Oracle shares tumble as gloomy forecasts, higher capex reignite AI bubble concerns. This comes as the tech giant’s shares slumped nearly 11 per cent in premarket trading on Thursday, following downbeat forecasts and heightened capital expenditure concerns. Investors are worried that the company’s vast AI investments are taking longer than anticipated to generate returns. Oracle’s capital expenditures for fiscal 2026 are now projected to be US$15-billion higher than the US$35-billion estimated in September during its first-quarter earnings call.
Oracle’s Ambitious AI Investments
Despite the recent slump, Oracle’s shares have enjoyed a substantial rise this year, climbing nearly 34 per cent.

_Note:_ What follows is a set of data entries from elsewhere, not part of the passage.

-- ===== src/Tools/Policy.antt =====
-- Which calls the registry runs, after any changes of the policy and of the tools.
use galculus.Common.{
  Bool, true, false, not, ◌&&◌, ◌||◌, ◌==ᵇ◌, ==ᵇ_iff, ◌≡◌, refl, arith, List, [], ◌∷◌, ◌++◌, codes,
  if◌then◌else◌,
}
use galculus.Common.Dict.{Dict, lookup-insert}
use galculus.Core.Wire.{Bytes}
use galculus.Tools.{
  ToolCall, contains, include, SafetyPolicy, no_policy, allow_tool, block_tool, is_none, is_allowed,
  ToolHandler, register_tool, execute, execute_entry,
}

-- A change of the policy.
pub data PolicyCall : Type 0 where
  allow : Bytes → PolicyCall
  block : Bytes → PolicyCall

abbrev pub apply_policy : PolicyCall → SafetyPolicy → SafetyPolicy
apply_policy (allow name) p = allow_tool p name
apply_policy (block name) p = block_tool p name

abbrev pub after_calls : List PolicyCall → SafetyPolicy → SafetyPolicy
after_calls [] p = p
after_calls (c ∷ rest) p = after_calls rest (apply_policy c p)

-- What the changes say, whatever their order.
abbrev pub allowed_in : List PolicyCall → Bytes → Bool
allowed_in [] name = false
allowed_in (allow x ∷ rest) name = (x ==ᵇ name) || allowed_in rest name
allowed_in (block x ∷ rest) name = allowed_in rest name

abbrev pub blocked_in : List PolicyCall → Bytes → Bool
blocked_in [] name = false
blocked_in (allow x ∷ rest) name = blocked_in rest name
blocked_in (block x ∷ rest) name = (x ==ᵇ name) || blocked_in rest name

abbrev pub never_allows : List PolicyCall → Bool
never_allows [] = true
never_allows (allow x ∷ rest) = false
never_allows (block x ∷ rest) = never_allows rest

contains-include :
    (xs : List Bytes) (x name : Bytes)
    → contains (include xs x) name ≡ ((x ==ᵇ name) || contains xs name)
unfolding contains include
contains-include xs x name = ground (arith, ==ᵇ_iff x name)

allowed-after :
    (cs : List PolicyCall) (p : SafetyPolicy) (name : Bytes)
    → contains (after_calls cs p).allowed_tools name
      ≡ (allowed_in cs name || contains p.allowed_tools name)
unfolding allow_tool block_tool
allowed-after [] p name = refl
allowed-after (allow x ∷ rest) p name =
    ground
      (arith, allowed-after rest (allow_tool p x) name, contains-include p.allowed_tools x name)
allowed-after (block x ∷ rest) p name = allowed-after rest (block_tool p x) name

blocked-after :
    (cs : List PolicyCall) (p : SafetyPolicy) (name : Bytes)
    → contains (after_calls cs p).blocked_tools name
      ≡ (blocked_in cs name || contains p.blocked_tools name)
unfolding allow_tool block_tool
blocked-after [] p name = refl
blocked-after (allow x ∷ rest) p name = blocked-after rest (allow_tool p x) name
blocked-after (block x ∷ rest) p name =
    ground
      (arith, blocked-after rest (block_tool p x) name, contains-include p.blocked_tools x name)

is_none-include : (xs : List Bytes) (x : Bytes) → is_none (include xs x) ≡ false
unfolding is_none include contains
is_none-include [] x = refl
is_none-include (y ∷ ys) x = ground arith

is_none-after :
    (cs : List PolicyCall) (p : SafetyPolicy)
    → is_none (after_calls cs p).allowed_tools ≡ (never_allows cs && is_none p.allowed_tools)
unfolding allow_tool block_tool
is_none-after [] p = refl
is_none-after (allow x ∷ rest) p =
    ground (arith, is_none-after rest (allow_tool p x), is_none-include p.allowed_tools x)
is_none-after (block x ∷ rest) p = is_none-after rest (block_tool p x)

-- After any changes to a new policy, a call is allowed exactly when its name was never blocked and
-- either no name was ever allowed or its name was.
is_allowed_after :
    {Double : Type 0} (cs : List PolicyCall) (call : ToolCall Double)
    → is_allowed (after_calls cs no_policy) call
      ≡ (not (blocked_in cs call.name) && (never_allows cs || allowed_in cs call.name))
unfolding is_allowed is_none contains
is_allowed_after cs call = ground (
  arith,
  blocked-after cs no_policy call.name,
  allowed-after cs no_policy call.name,
  is_none-after cs no_policy,
)

module _ {Double World : Type 0} where
  -- After any changes of the policy, the registry runs a tool that was just registered exactly
  -- when its name was never blocked, and was allowed or no name was; otherwise it changes nothing
  -- and says why; calls of other names go on as before.
  pub execute-register_tool :
      (tools : Dict (ToolHandler Double World)) (name : Bytes) (handler : ToolHandler Double World)
      (cs : List PolicyCall) (call : ToolCall Double) (w : World)
      → execute (register_tool tools name handler) call (after_calls cs no_policy) w ≡ (
          if name ==ᵇ call.name
          then (if not (blocked_in cs name) && (never_allows cs || allowed_in cs name)
              then handler call w
              else (
                w,
                record {
                  success = false;
                  message = codes "Tool blocked by safety policy: " ++ name;
                },
              ))
          else execute tools call (after_calls cs no_policy) w)
  unfolding execute execute_entry register_tool
  execute-register_tool tools name handler cs call w = ground (
    arith,
    ==ᵇ_iff name call.name,
    lookup-insert name call.name handler tools,
    is_allowed_after cs call,
  )
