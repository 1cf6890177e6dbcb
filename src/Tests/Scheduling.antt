-- ===== src/Tests/Scheduling.antt =====
-- A small token budget and a model that answers with its own tokens, for scheduler/ and llm*/.
use galculus.Common.{
  ℕ, ◌+◌, ◌-◌, ◌^◌, ◌≡◌, refl, arith, inl, inr, ◌⊎◌, true, false, some, [], ◌∷◌, codes,
}
use galculus.Common.Exceptions.{ok, throw}
use galculus.Memory.Budget.{AgentMemoryBudget}
use galculus.Memory.Manager.{agent_budget}
use galculus.Tests.Memory.{manager, rich, manager_knows_rich}
use galculus.Scheduler.{TokenBudget, ScheduledLlmTask, schedule, admission}
use galculus.Scheduler.Admission.{Fits, grantable, Outcome, schedule-Outcome}
use galculus.Scheduler.Accounting.{schedule_all, schedule_all_balance, schedule_wraps}
use galculus.Llm.{PromptRole, Prompt, LlmStatus, LlmResult, GenerationConfig, LlmRuntime}
use galculus.Llm.Scheduled.{count_chars, estimate_prompt_tokens, to_task, used_tokens}
use galculus.Llm.Scheduled
use galculus.Llm.Scheduled.Serving.{fallback_answer, generate_cases, generate_thrown}
use galculus.Llm.Budgeted
use galculus.Llm.Budgeted.{generate-agent_budget, count_bytes, estimate_memory_bytes}

abbrev tokens : TokenBudget
tokens = record { max_prompt_tokens = 50; max_completion_tokens = 40; remaining_tokens = 30 }

abbrev task : ScheduledLlmTask
task = record {
  task_id = codes "t";
  estimated_prompt_tokens = 10;
  requested_completion_tokens = 60;
  deadline_ms = 0;
  priority = 0;
  allow_truncation = true;
  allow_fallback = true;
}

schedule-Outcome_example : Outcome tokens task (schedule tokens task)
schedule-Outcome_example = schedule-Outcome tokens task (omega arith)

schedule_all_balance_example :
    (schedule_all tokens (task ∷ task ∷ [])).1
      + (schedule_all tokens (task ∷ task ∷ [])).0.remaining_tokens
    ≡ 30
schedule_all_balance_example =
    schedule_all_balance tokens (task ∷ task ∷ []) (omega arith, (omega arith, tt))

abbrev vast : TokenBudget
vast = record {
  max_prompt_tokens = 2 ^ 32 - 1;
  max_completion_tokens = 2 ^ 32 - 1;
  remaining_tokens = 9;
}

abbrev vast_task : ScheduledLlmTask
vast_task = record task { estimated_prompt_tokens = 2 ^ 32 - 1; requested_completion_tokens = 5 }

schedule_wraps_example :
    schedule vast vast_task ≡ (record vast { remaining_tokens = 9 - 4 }, admission vast_task 5)
schedule_wraps_example =
    schedule_wraps vast vast_task 4 (omega arith) (omega arith) (omega arith) (omega arith)
      (omega arith)

-- The answer of a model that reports as many completion tokens as it may use.
abbrev reported : ℕ → LlmResult
reported max_tokens = record {
  status = LlmStatus.ok;
  text = codes "yes";
  prompt_tokens = 0;
  completion_tokens = max_tokens;
  elapsed_ms = 1;
  error_message = [];
}

-- A model that counts its calls.
abbrev pub model : LlmRuntime
model = record {
  State = ℕ;
  generate = λ s prompt config. (s + 1, ok (reported config.max_tokens));
  name = λ s. codes "model";
}

-- A model that throws.
abbrev broken : LlmRuntime
broken = record {
  State = ℕ;
  generate = λ s prompt config. (s + 1, throw "broken");
  name = λ s. codes "broken";
}

abbrev prompt : Prompt
prompt = record { role = PromptRole.user; content = codes "twelve bytes" } ∷ []

abbrev config : GenerationConfig
config = record {
  max_tokens = 60;
  temperature = 0;
  top_p = 0;
  seed = 0;
  timeout_ms = 100;
  stream = false;
}

prompt_estimate : estimate_prompt_tokens prompt ≡ 3
unfolding estimate_prompt_tokens count_chars
prompt_estimate = refl

prompt-Fits : Fits tokens (to_task prompt config)
unfolding to_task
prompt-Fits = record {
  prompt = omega (arith, prompt_estimate);
  completion = λ e. cc;
  room = inr (refl, omega (arith, prompt_estimate));
}

abbrev empty_tokens : TokenBudget
empty_tokens = record tokens { remaining_tokens = 0 }

prompt_too_long : ¬ Fits empty_tokens (to_task prompt config)
unfolding to_task
prompt_too_long f = elim f.room [
  | inl r ↦ omega (arith, prompt_estimate)
  | inr r ↦ omega (arith, r.1)
]

generate_thrown_example :
    ((Scheduled.generate broken 0 tokens prompt config).1 ≡ throw "broken")
    × ((Scheduled.generate broken 0 tokens prompt config).0.1.remaining_tokens
          + (estimate_prompt_tokens prompt + grantable tokens (to_task prompt config))
        ≡ 30)
generate_thrown_example =
    generate_thrown broken 0 tokens prompt config "broken" (omega (arith, prompt_estimate))
      prompt-Fits refl

memory_estimate : estimate_memory_bytes prompt config ≡ 1516
unfolding estimate_memory_bytes count_bytes
memory_estimate = refl

generate-agent_budget_example :
    (c : AgentMemoryBudget) × (agent_budget
        (Budgeted.generate model (codes "b") manager 0 prompt config).0
        (codes "b")
      ≡ some c)
    × (c.used_bytes ≡ 40)
    × (c.limit_bytes ≡ 5000)
generate-agent_budget_example =
    generate-agent_budget model (codes "b") manager 0 prompt config rich manager_knows_rich
      (omega (arith, memory_estimate))

generate_cases_example :
    (Fits tokens (to_task prompt config)
      × (Scheduled.generate model 0 tokens prompt config
          ≡ ((1, record tokens { remaining_tokens = 27 }), ok (reported 27))))
    ⊎ ((¬ Fits tokens (to_task prompt config))
        × (Scheduled.generate model 0 tokens prompt config ≡ ((0, tokens), ok fallback_answer)))
unfolding estimate_prompt_tokens to_task count_chars
generate_cases_example =
    generate_cases model 0 tokens prompt config (omega (arith, prompt_estimate))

This was largely driven by mega cloud-computing deals with OpenAI and others, along with Oracle’s plans to construct large-scale AI cloud data centers. However, investors are becoming increasingly cautious, scrutinizing the earnings reports of major cloud companies for signs of an inflated AI market. Factors contributing to these concerns include heavy spending, high valuations, limited real-world productivity gains, and complex circular investments.
Investor Concerns over Oracle’s Data Center Investments
Analysts at Morningstar expressed mixed feelings about Oracle’s planned data center investments over the coming years. They warned that if long-term enthusiasm for AI wanes and key customers like OpenAI reduce their computing demand, Oracle could struggle to attract workloads that can substitute for AI model training and inference. Furthermore, Oracle’s closely monitored metric for future cloud contracts also fell short of Wall Street’s expectations. The company reported US$523-billion in future contracts, falling below analysts’ estimates of US$526-billion, according to Visible Alpha data.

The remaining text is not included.